Your assignment: Transcribe, word for word and with nothing extra, the line containing "(esrch : E) where" and each line that comes after it in the entries.

Provided entries:
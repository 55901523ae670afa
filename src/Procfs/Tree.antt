-- ===== src/Procfs/Tree.antt =====
-- The process trees of go/src/dropbox/procfs/stat.go, on the entries of /proc that were read.
pub mod Reached
pub mod Descend
pub mod Pids
use dbx_build_tools.Base.{
  ℕ, zero, suc, ◌==◌, Bool, true, false, Option, none, some, List, [], ◌∷◌, ◌++◌, Str, has_int,
  is_nil, if◌then◌else◌,
}
use dbx_build_tools.Base.Result.{Result, ok, err, panic, ◌>>=◌}

pub record ProcStat : Type 0 where
  pub pid : ℕ
  pub cmd : Str
  pub state : Str
  pub ppid : ℕ
  pub pgrp : ℕ
  pub session_id : ℕ

-- `result[ppid] = append(result[ppid], pid)`
unfoldable pub add_child : ℕ → ℕ → List (ℕ × List ℕ) → List (ℕ × List ℕ)
add_child ppid pid [] = (ppid, pid ∷ []) ∷ []
add_child ppid pid ((p, l) ∷ m) =
    let rest = add_child ppid pid m in if ppid == p then (p, l ++ pid ∷ []) ∷ m else (p, l) ∷ rest

unfoldable pub child_loop : List ProcStat → List (ℕ × List ℕ) → List (ℕ × List ℕ)
unfolding add_child
child_loop [] m = m
child_loop (st ∷ stats) m = child_loop stats (add_child st.ppid st.pid m)

-- `getChildPidMap`
unfoldable pub child_pid_map : List ProcStat → List (ℕ × List ℕ)
unfolding child_loop
child_pid_map stats = child_loop stats []

-- `pidToChildren[pid]`
unfoldable pub children_of : ℕ → List (ℕ × List ℕ) → List ℕ
children_of pid [] = []
children_of pid ((p, l) ∷ m) = if pid == p then l else children_of pid m

pub record TreeWalk : Type 0 where
  pub pid_set : List ℕ
  pub to_process : List ℕ

-- The loop over the children of a process.
unfoldable pub collect : List ℕ → TreeWalk → TreeWalk
unfolding has_int
collect [] w = w
collect (child ∷ children) w = collect children (
    if has_int child w.pid_set
    then w
    else record { pid_set = w.pid_set ++ child ∷ []; to_process = w.to_process ++ child ∷ [] })

-- `for len(toProcess) > 0`; `none` means that the fuel ran out.
unfoldable pub walk_loop : ℕ → List (ℕ × List ℕ) → TreeWalk → Option (List ℕ)
unfolding collect children_of
walk_loop zero children w = elim w.to_process [ [] ↦ some w.pid_set | _ ∷ _ ↦ none ]
walk_loop (suc fuel) children w = elim w.to_process [
  | [] ↦ some w.pid_set
  | pid ∷ rest ↦
      walk_loop fuel children (collect (children_of pid children) (record w { to_process = rest }))
]

-- `pidSet[pid] = struct{}{}`
unfoldable pub add_pid : ℕ → List ℕ → List ℕ
unfolding has_int
add_pid pid pids = if has_int pid pids then pids else pids ++ pid ∷ []

-- The pids of the processes that pass a test, each one once.
unfoldable pub pids_where : (ProcStat → Bool) → List ProcStat → List ℕ → List ℕ
unfolding add_pid
pids_where test [] pids = pids
pids_where test (st ∷ stats) pids =
    pids_where test stats (if test st then add_pid st.pid pids else pids)

-- `toIntSlice` gives the pids in the order in which Go walks the map.
module _ {E : Type 0} (to_int_slice : List ℕ → List ℕ) where
  -- `GetProcessTreePids`, without its cache.
  unfoldable pub process_tree_pids :
      E → ℕ → ℕ → Result E (List ProcStat) → Option (Result E (List ℕ))
  unfolding pids_where child_pid_map walk_loop
  process_tree_pids esrch fuel session_id read = elim read [
    | panic ↦ some panic
    | err e ↦ some (err e)
    | ok stats ↦
        let pid_set = pids_where (λ st. st.session_id == session_id) stats [] in
        if is_nil pid_set
        then some (err esrch)
        else elim (walk_loop fuel (child_pid_map stats)
            (record { pid_set = pid_set; to_process = to_int_slice pid_set })) [
              | none ↦ none
              | some pids ↦ some (ok (to_int_slice pids))
            ]
  ]

  -- `GetProcessDescendents`
  unfoldable pub process_descendents : ℕ → ℕ → Result E (List ProcStat) → Option (Result E (List ℕ))
  unfolding child_pid_map walk_loop
  process_descendents fuel parent_pid read = elim read [
    | panic ↦ some panic
    | err e ↦ some (err e)
    | ok stats ↦
        elim (walk_loop fuel (child_pid_map stats)
          (record { pid_set = parent_pid ∷ []; to_process = to_int_slice (parent_pid ∷ []) })) [
            | none ↦ none
            | some pids ↦ some (ok (to_int_slice pids))
          ]
  ]

-- The loops of `GetPgrpPids` and `GetSessionIdPids`, where an entry is taken as often as it is there.
unfoldable pub all_pids_where : (ProcStat → Bool) → List ProcStat → List ℕ
all_pids_where test [] = []
all_pids_where test (st ∷ stats) =
    let rest = all_pids_where test stats in if test st then st.pid ∷ rest else rest

module _ {E : Type 0} (esrch : E) where
  abbrev pub some_pids : List ℕ → Result E (List ℕ)
  some_pids pids = if is_nil pids then err esrch else ok pids

  unfoldable pub pgrp_pids : ℕ → Result E (List ProcStat) → Result E (List ℕ)
  unfolding all_pids_where
  pgrp_pids pgrp read = read >>= λ stats. some_pids (all_pids_where (λ st. st.pgrp == pgrp) stats)

  unfoldable pub session_id_pids : ℕ → Result E (List ProcStat) → Result E (List ℕ)
  unfolding all_pids_where
  session_id_pids session_id read =
      read >>= λ stats. some_pids (all_pids_where (λ st. st.session_id == session_id) stats)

Exercise output:
module _ {E : Type 0} (esrch : E) where
  abbrev pub some_pids : List ℕ → Result E (List ℕ)
  some_pids pids = if is_nil pids then err esrch else ok pids

  unfoldable pub pgrp_pids : ℕ → Result E (List ProcStat) → Result E (List ℕ)
  unfolding all_pids_where
  pgrp_pids pgrp read = read >>= λ stats. some_pids (all_pids_where (λ st. st.pgrp == pgrp) stats)

  unfoldable pub session_id_pids : ℕ → Result E (List ProcStat) → Result E (List ℕ)
  unfolding all_pids_where
  session_id_pids session_id read =
      read >>= λ stats. some_pids (all_pids_where (λ st. st.session_id == session_id) stats)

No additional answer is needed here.